Long before capital “A” Academia became a professional network of accredited scholars and fund-grubbing institutions, intellectual discourse consisted of nearly as much humor—bad puns, scatology, innuendo, biting caricature—as deep philosophical dialogue and sparkling erudition. So-called “wits” gathered in coffee houses to trade barbs and bon mots and to circulate their favorite literary satires from writers like Jonathan Swift, Alexander Pope, and John Wilmot, the 2nd Earl of Rochester, whose poetic output was often equal parts raunchy prosody and thoughtful critical inquiry.
In our digital times, intellectual humor bubbles around the margins of high culture, as much as in the oblique cartoons of The New Yorker as in forums like Reddit, where jokes can be crude, hateful, and borderline psychotic, or genuinely witty and unique. Slate recently picked up on a Reddit thread that asked users “what’s the most intellectual joke you know?” The authors of the Slate piece compiled several contenders (and inanely explained each joke with “why it’s funny” addenda—good humor shouldn’t require didactic commentary).
Below, find a sampling of some of the Reddit submissions. In the comments section, please feel free to submit your own “intellectual jokes” after perusing Reddit to make sure someone hasn’t beat you to the punchline.
- From user Watch_Closely: “It’s hard to explain puns to kleptomaniacs because they always take things literally.”
- From user Arcadian 5656: “A biologist, a chemist, and a statistician are out hunting.
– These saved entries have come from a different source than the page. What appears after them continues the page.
-- ===== src/Domain/Hours.antt =====
-- internal/domain/context.go: the hours at which a context may surface.
use warp_work.Base.{
  ℕ, ◌+◌, ◌*◌, ℤ, pos, ltb_ℤ, Bool, true, false, not, ◌&&◌, ◌||◌, none, some, List, [], ◌∷◌, any,
  find, ◌==◌,
}
use warp_work.Base.Result.{ok}
use warp_work.Domain.{bad_start, bad_end, Validity, refuse_if}

-- Minutes from midnight, the end excluded.
pub record HourRange : Type 0 where
  pub start_minute : ℤ
  pub end_minute : ℤ

abbrev pub minutes_per_day : ℕ
minutes_per_day = 24 * 60

-- HourRange.Valid
unfoldable pub valid_hours : HourRange → Validity
valid_hours r =
    refuse_if (ltb_ℤ r.start_minute (pos 0) || not (ltb_ℤ r.start_minute (pos minutes_per_day)))
      bad_start
      (refuse_if
        (not (ltb_ℤ r.start_minute r.end_minute) || ltb_ℤ (pos minutes_per_day) r.end_minute)
        bad_end (ok tt))

-- A Go map from time.Weekday, as the list of its entries.
abbrev pub ActiveHours : Type 0
ActiveHours = List (ℕ × List HourRange)

unfoldable pub covers : ℕ → HourRange → Bool
covers minute r = not (ltb_ℤ (pos minute) r.start_minute) && ltb_ℤ (pos minute) r.end_minute

-- ActiveHours.Active, of a time by its weekday, hour and minute.
unfoldable pub active : ActiveHours → ℕ → ℕ → ℕ → Bool
unfolding covers
active [] weekday hour minute = true
active (e ∷ a) weekday hour minute = elim (find (λ d. d.0 == weekday) (e ∷ a)) [
  | none ↦ false
  | some d ↦ any (covers (hour * 60 + minute)) d.1
]
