-- ===== src/Domain/Life.antt =====
-- internal/domain/context.go: contexts, apart from their hours.
use warp_work.Base.{
  ℕ, Bool, false, ◌||◌, Option, none, some, [], Text, text_eq, ◌==◌, if◌then◌else◌,
}
use warp_work.Base.Result.{ok, err}
use warp_work.Store.Contexts.{is_token}
use warp_work.Domain.{bad_color, bad_context_name, own_parent, Validity, refuse_if}
use warp_work.Domain.Hours.{ActiveHours}

pub record LifeContext : Type 0 where
  pub id : ℕ
  pub user_id : ℕ
  pub parent_id : Option ℕ
  pub name : Text
  pub color : Text
  pub active_hours : ActiveHours
  pub tone_profile : Text
  pub is_archived : Bool

-- ContextColor.Valid; the empty colour is valid.
unfoldable pub valid_context_color : Text → Validity
valid_context_color c = if text_eq c [] || is_token c then ok tt else err bad_color

-- Context.Valid
unfoldable pub valid_context : LifeContext → Validity
unfolding valid_context_color
valid_context c = refuse_if (text_eq c.name []) bad_context_name (
    refuse_if (elim c.parent_id [ none ↦ false | some p ↦ p == c.id ]) own_parent
      (valid_context_color c.color))
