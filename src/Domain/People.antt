-- ===== src/Domain/People.antt =====
-- internal/domain/person.go: the people that the owner deals with.
use warp_work.Base.{ℕ, Bool, [], Text, text_eq}
use warp_work.Base.Result.{ok}
use warp_work.Domain.{bad_person_name, bad_handle, Validity, refuse_if}
use warp_work.Domain.Accounts.{Provider, valid_provider}

pub record Person : Type 0 where
  pub id : ℕ
  pub user_id : ℕ
  pub display_name : Text
  pub notes : Text

-- Person.Valid
unfoldable pub valid_person : Person → Validity
valid_person p = refuse_if (text_eq p.display_name []) bad_person_name (ok tt)

pub record Identity : Type 0 where
  pub id : ℕ
  pub person_id : ℕ
  pub provider : Provider
  pub handle : Text
  pub verified : Bool

-- Identity.Valid
unfoldable pub valid_identity : Identity → Validity
unfolding valid_provider
valid_identity i = refuse_if (text_eq i.handle []) bad_handle (valid_provider i.provider)
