-- ===== src/Domain/Routing.antt =====
-- internal/domain/routing.go: routing rules, the facts they are matched against, and MatchRules.
-- A UUID is its 128-bit number: the canonical text, 32 lower-case digits with dashes at fixed
-- places, is ordered as the number is.
pub mod Order
pub mod Assignments
pub mod Validity
use mathlib.Core.List.{foldr}
use warp_work.Base.{
  ℕ, ◌+◌, ℤ, pos, negsuc, ltb_ℤ, eqb_ℤ, Bool, true, false, not, ◌&&◌, ◌||◌, List, [], ◌∷◌, ◌++◌,
  Text, text_eq, ltb, ◌==◌, if◌then◌else◌, contains,
}
use warp_work.Strings
use warp_work.Strings.{Unicode}

-- `other` stands for a string that is none of the constants.
pub data MatchType : Type 0 where
  sender domain thread keyword : MatchType
  other : Text → MatchType

unfoldable pub cost : MatchType → ℕ
cost sender = 0
cost domain = 1
cost thread = 2
cost keyword = 3
cost (other _) = 4

pub record RoutingRule : Type 0 where
  pub id : ℕ
  pub context_id : ℕ
  pub match_type : MatchType
  pub match_value : Text
  pub priority : ℤ
  pub is_active : Bool

pub record SignalFacts : Type 0 where
  pub sender : Text
  pub sender_domain : Text
  pub thread_id : Text
  pub subject : Text
  pub body : Text

pub data AssignedBy : Type 0 where
  rule model manual : AssignedBy
  other : Text → AssignedBy

-- A float64 confidence is NaN or a number, here in millionths.
pub data Confidence : Type 0 where
  nan : Confidence
  millionths : ℤ → Confidence

pub record Assignment : Type 0 where
  pub signal_id : ℕ
  pub context_id : ℕ
  pub confidence : Confidence
  pub assigned_by : AssignedBy

module _ (u : Unicode) where
  matches_type : MatchType → Text → SignalFacts → Bool
  matches_type sender want f = Strings.equal_fold u f.sender want
  matches_type domain want f = Strings.equal_fold u f.sender_domain want
  matches_type thread want f = not (text_eq f.thread_id []) && Strings.equal_fold u f.thread_id want
  matches_type keyword want f =
      Strings.contains (Strings.to_lower u (f.subject ++ 0x20 ∷ f.body)) want
  matches_type (other _) want f = false

  -- RoutingRule.Matches
  pub matches : RoutingRule → SignalFacts → Bool
  unfolding matches_type
  matches r f =
      if r.is_active
      then matches_type r.match_type (Strings.to_lower u (Strings.trim_space r.match_value)) f
      else false

-- The comparison that MatchRules hands to sort.SliceStable.
pub less : RoutingRule → RoutingRule → Bool
less a b =
    if not (cost a.match_type == cost b.match_type)
    then ltb (cost a.match_type) (cost b.match_type)
    else if not (eqb_ℤ a.priority b.priority)
    then ltb_ℤ a.priority b.priority
    else ltb a.id b.id

-- sort.SliceStable, as insertion: a rule goes before those that are not less than it.
pub insert : RoutingRule → List RoutingRule → List RoutingRule
insert r [] = r ∷ []
insert r (x ∷ xs) = if less x r then x ∷ insert r xs else r ∷ x ∷ xs

pub sort : List RoutingRule → List RoutingRule
unfolding insert
sort [] = []
sort (r ∷ rs) = insert r (sort rs)

abbrev pub assignment : ℕ → RoutingRule → Assignment
assignment signal_id r = record {
  signal_id = signal_id;
  context_id = r.context_id;
  confidence = millionths (pos 1000000);
  assigned_by = rule;
}

module _ (u : Unicode) (facts : SignalFacts) (signal_id : ℕ) where
  -- The loop over the sorted rules; `seen` holds the contexts assigned so far.
  pub assign : List ℕ → List RoutingRule → List Assignment
  assign seen [] = []
  assign seen (r ∷ rs) = elim (contains seen r.context_id || not (matches u r facts)) [
    | true ↦ assign seen rs
    | false ↦ assignment signal_id r ∷ assign (r.context_id ∷ seen) rs
  ]

  -- MatchRules
  pub match_rules : List RoutingRule → List Assignment
  unfolding assign sort
  match_rules rules = assign [] (sort rules)
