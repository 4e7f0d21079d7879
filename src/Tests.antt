-- ===== src/Tests.antt =====
-- Tests: the theorems at concrete inputs.
mod Fixtures
mod Routing
mod Passwords
mod SignIn
mod Sessions
mod Accounts
mod Contexts
mod Http
mod Config
mod Domain
mod Requests
mod Signals
mod Filing
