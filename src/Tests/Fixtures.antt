-- ===== src/Tests/Fixtures.antt =====
-- A small installation: one account with a password, an environment that answers every call, and
-- stand-ins for argon2 and SHA-256.
use warp_work.Base.{◌+◌, false, true, none, some, [], ◌∷◌, ◌++◌, take, Text, codes}
use warp_work.Strings.{ascii}
use warp_work.Store.{Env, World, done}
use warp_work.Store.Auth.{AuthDb, AuthPassword, AuthSession, password}
use warp_work.Auth.{Platform, Config, SignInContext, default_policy}
use warp_work.Auth.Password.{PasswordParams, Argon2, encode_hash}

abbrev pub params : PasswordParams
params = record { memory = 8; iterations = 1; parallelism = 1; salt_length = 4; key_length = 4 }

abbrev pub salt : Text
salt = 1 ∷ 2 ∷ 3 ∷ 4 ∷ []

-- The first bytes of the password, and then of the salt.
abbrev pub argon2 : Argon2
argon2 given by iterations memory parallelism key_length = some (take key_length (given ++ by))

abbrev pub env : Env
env = record {
  down = λ call. false;
  db_now = λ call. 100;
  commit = λ call. done;
  new_v7 = λ call. some (1000 + call);
  rand_read = λ call n. some (7 ∷ call ∷ []);
}

abbrev pub platform : Platform
platform = record { unicode = ascii; argon2 = argon2; sha256 = λ token. 35 ∷ token; env = env }

abbrev pub config : Config
config = record { policy = default_policy; params = params }

abbrev pub browser : SignInContext
browser = record { user_agent = codes "Firefox"; ip = none }

abbrev pub email : Text
email = codes "ana@warp.vn"

abbrev pub right : Text
right = codes "open sesame"

abbrev pub wrong : Text
wrong = codes "hunter2"

-- The key of the right password.
abbrev pub key : Text
key = take 4 right

abbrev pub password_row : AuthPassword
password_row = record {
  auth_provider_id = 2;
  hash = encode_hash params salt key;
  failed_attempts = 0;
  locked_until = none;
}

abbrev pub token : Text
token = codes "ana's token"

abbrev pub ana_session : AuthSession
ana_session = record {
  id = 3;
  user_id = 1;
  auth_provider_id = some 2;
  token_hash = 35 ∷ token;
  issued_at = 100;
  last_seen_at = 100;
  expires_at = 900;
  revoked_at = none;
  user_agent = [];
  ip = none;
}

abbrev pub with_password : AuthPassword → World AuthDb
with_password w = record {
  db = record {
    users = record { id = 1; created_at = 50 } ∷ [];
    profiles =
        record {
          user_id = 1;
          email = email;
          display_name = codes "Ana";
          timezone = codes "Asia/Ho_Chi_Minh";
          created_at = 50;
        }
        ∷ [];
    providers =
        record {
          id = 2;
          user_id = 1;
          kind = password;
          subject = email;
          email = some email;
          is_primary = true;
          linked_at = 50;
          last_login_at = none;
        }
        ∷ [];
    passwords = w ∷ [];
    sessions = ana_session ∷ [];
  };
  calls = 0;
}

abbrev pub world : World AuthDb
world = with_password password_row

abbrev pub locked_world : World AuthDb
locked_world = with_password (record password_row { failed_attempts = 10; locked_until = some 500 })
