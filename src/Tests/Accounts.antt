-- ===== src/Tests/Accounts.antt =====
-- Registration, and sign-ins with Google.
use warp_work.Base.{arith, ◌+◌, true, ◌≡◌, ◌≢◌, refl, false, some, codes, []}
use warp_work.Base.Result.{ok, err}
use warp_work.Store.{World, DbError, unique_violation, user_profiles_email}
use warp_work.Store.Auth.{AuthDb}
use warp_work.Auth.{email_taken, database, Session, default_policy}
use warp_work.Auth.Register.{RegisterParams, register}
use warp_work.Auth.Register.Outcome.{db-register, authenticate-register}
use warp_work.Auth.Federated.{Google, IdToken, FlowState, complete_google_sign_in}
use warp_work.Auth.Federated.Errors.{complete_google_sign_in-NotTaken}
use warp_work.Auth.Federated.Opening.{authenticate-complete_google_sign_in}
use warp_work.Auth.Sessions.{authenticate, unlink_provider}
use warp_work.Auth.Sessions.Unlinking.{has_provider, has_provider-unlink_provider}
use warp_work.Store.Auth.Sessions.{SessionRow}
use warp_work.Auth.Federated.Joining.{Belongs}
use warp_work.Auth.Federated.Linking.{identity_of, complete_google_sign_in_user}
use warp_work.Tests.Fixtures.{platform, config, world, email, right, browser}

-- The address is taken.
abbrev again : RegisterParams
again = record { email = email; password = right; display_name = codes "Ana" }

clash : (register platform config again 400 browser world).0 ≡ err email_taken
unfolding register warp_work.Auth.normalise_email warp_work.Strings.to_lower
    warp_work.Strings.trim_space warp_work.Strings.is_space warp_work.Store.in_tx
    warp_work.Store.finish warp_work.Auth.Register.create_account warp_work.Auth.Register.hashed
    warp_work.Auth.Password.hash_password warp_work.Auth.Token.uuid_of warp_work.Store.run
    warp_work.Store.Auth.Accounts.create_user warp_work.Store.Auth.Accounts.create_user_profile
    warp_work.Auth.Register.or_email_taken
clash = refl

db-register_example : (register platform config again 400 browser world).1.db ≡ world.db
db-register_example =
    db-register platform config again 400 browser world email_taken (λ n e. cc) clash

abbrev ana_token : IdToken
ana_token = record {
  nonce = codes "n";
  subject = codes "s";
  email = email;
  email_verified = true;
  name = [];
}

-- An ID token with the account's address, which Google has not verified.
abbrev pub google : Google
google = record {
  config = record {
    client_id = codes "id";
    client_secret = codes "secret";
    redirect_url = codes "url";
  };
  auth_code_url = λ state nonce. some state;
  exchange = λ code. some (record {
    nonce = codes "n";
    subject = codes "s";
    email = email;
    email_verified = false;
    name = [];
  });
}

abbrev pub flow : FlowState
flow = record { state = codes "f"; nonce = codes "n"; return_to = codes "/" }

complete_google_sign_in-NotTaken_example :
    (complete_google_sign_in platform config
      (some google)
      (codes "c")
      (codes "f")
      flow
      400
      browser
      world).0
    ≢ err email_taken
complete_google_sign_in-NotTaken_example =
    complete_google_sign_in-NotTaken platform config (some google) (codes "c") (codes "f") flow 400
      browser world

-- A verified email joins the account that has it.
abbrev verified_google : Google
verified_google = record google { exchange = λ code. some ana_token }

abbrev joined : Session
joined = record {
  token = codes "BwY";
  id = 1007;
  user_id = 1;
  issued_at = 100;
  expires_at = 400 + default_policy.ttl;
}

joins :
    (complete_google_sign_in platform config
      (some verified_google)
      (codes "c")
      (codes "f")
      flow
      400
      browser
      world).0
    ≡ ok joined
unfolding complete_google_sign_in warp_work.Auth.Federated.configured
    warp_work.Auth.Federated.verify warp_work.Store.in_tx warp_work.Store.finish
    warp_work.Auth.Federated.sign_in_identity warp_work.Auth.Federated.by_subject
    warp_work.Store.run warp_work.Store.Auth.Accounts.provider_by_kind_subject
    warp_work.Auth.Federated.link_identity warp_work.Auth.normalise_email warp_work.Strings.to_lower
    warp_work.Strings.trim_space warp_work.Strings.is_space
    warp_work.Auth.Federated.resolve_account_for warp_work.Auth.Federated.create_federated_account
    warp_work.Auth.Token.uuid_of warp_work.Store.Auth.Accounts.create_user
    warp_work.Auth.Federated.check_token warp_work.Auth.Federated.cut_at
    warp_work.Auth.Federated.display_name_for warp_work.Store.Auth.Accounts.create_user_profile
    warp_work.Store.Auth.Accounts.is_blank warp_work.Store.Auth.Accounts.same_email
    warp_work.Store.Auth.kind_eq warp_work.Strings.trim_left
    warp_work.Auth.Federated.resolve_by_email warp_work.Auth.Token.hash_token
    warp_work.Auth.Token.new_session warp_work.Auth.Token.open_session warp_work.Auth.Token.token_of
    warp_work.Auth.Token.truncate warp_work.Auth.expires_at warp_work.Codec.Base64.encode
    warp_work.Codec.Base64.encode_digit warp_work.Codec.Utf8.lead warp_work.Codec.Utf8.valid_from
    warp_work.Codec.Utf8.valid_utf8 warp_work.Store.Auth.Accounts.create_auth_provider
    warp_work.Store.Auth.Accounts.mark_provider_used
    warp_work.Store.Auth.Accounts.user_profile_by_email
    warp_work.Store.Auth.Sessions.create_auth_session warp_work.Store.Auth.Sessions.provider_exists
    warp_work.Store.ended
joins = refl

complete_google_sign_in_user_example :
    (t : IdToken) × (verified_google.exchange (codes "c") ≡ some t)
    × (t.nonce ≡ flow.nonce)
    × (flow.state ≡ codes "f")
    × Belongs platform (identity_of platform config t) world.db joined.user_id
complete_google_sign_in_user_example =
    complete_google_sign_in_user platform config verified_google (codes "c") (codes "f") flow 400
      browser world joined joins

authenticate-complete_google_sign_in_example :
    (row : SessionRow) × ((authenticate platform joined.token 500
        (complete_google_sign_in platform config
          (some verified_google)
          (codes "c")
          (codes "f")
          flow
          400
          browser
          world).1).0
      ≡ ok row)
    × (row.0.id ≡ joined.id)
    × (row.0.user_id ≡ joined.user_id)
authenticate-complete_google_sign_in_example =
    authenticate-complete_google_sign_in platform config (some verified_google) (codes "c")
      (codes "f") flow 400 500 browser world joined joins refl (omega arith)

abbrev newcomer : RegisterParams
newcomer = record { email = codes " Bo@Warp.vn"; password = right; display_name = codes "Bo" }

abbrev opened : Session
opened = record {
  token = codes "Bwg";
  id = 1009;
  user_id = 1002;
  issued_at = 100;
  expires_at = 400 + default_policy.ttl;
}

registered : (register platform config newcomer 400 browser world).0 ≡ ok opened
unfolding register warp_work.Auth.normalise_email warp_work.Strings.to_lower
    warp_work.Strings.trim_space warp_work.Strings.trim_left warp_work.Strings.is_space
    warp_work.Strings.has_prefix warp_work.Store.in_tx warp_work.Store.finish warp_work.Store.ended
    warp_work.Auth.Register.create_account warp_work.Auth.Register.hashed
    warp_work.Auth.Password.hash_password warp_work.Auth.Password.encode_hash
    warp_work.Auth.Token.uuid_of warp_work.Store.run warp_work.Store.Auth.kind_eq
    warp_work.Store.Auth.Accounts.create_user warp_work.Store.Auth.Accounts.create_user_profile
    warp_work.Store.Auth.Accounts.is_blank warp_work.Store.Auth.Accounts.same_email
    warp_work.Store.Auth.Accounts.create_auth_provider
    warp_work.Store.Auth.Accounts.create_auth_password warp_work.Store.Auth.Accounts.is_argon2id
    warp_work.Auth.Register.or_email_taken warp_work.Auth.Token.hash_token
    warp_work.Auth.Token.new_session warp_work.Auth.Token.open_session warp_work.Auth.Token.token_of
    warp_work.Auth.Token.truncate warp_work.Auth.expires_at warp_work.Codec.Base64.encode
    warp_work.Codec.Base64.encode_digit warp_work.Codec.Utf8.lead warp_work.Codec.Utf8.valid_from
    warp_work.Codec.Utf8.valid_utf8 warp_work.Store.Auth.Sessions.create_auth_session
    warp_work.Store.Auth.Sessions.provider_exists
registered = refl

authenticate-register_example :
    (row : SessionRow) × ((authenticate platform opened.token 500
        (register platform config newcomer 400 browser world).1).0
      ≡ ok row)
    × (row.0.id ≡ opened.id)
    × (row.0.user_id ≡ opened.user_id)
authenticate-register_example =
    authenticate-register platform config newcomer 400 500 browser world opened registered refl
      (omega arith)

has_provider-unlink_provider_example :
    has_provider 1 (unlink_provider platform 1 2 world).1.db ≡ true
has_provider-unlink_provider_example = has_provider-unlink_provider platform 1 2 world refl refl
The biologist shoots at a deer and misses 5ft to the left, the chemist takes a shot and misses 5ft to the right, and the statistician yells, ‘We got ‘im!’ ”
- From user shannman: “Who does Polyphemus hate more than Odysseus? Nobody!”
And below, two of the Redditors’ favorites:
- From user phattmatt: “Jean-Paul Sartre is sitting at a French cafe, revising his draft of Being and Nothingness. He says to the waitress, “I’d like a cup of coffee, please, with no cream.” The waitress replies, “I’m sorry, Monsieur, but we’re out of cream. How about with no milk?”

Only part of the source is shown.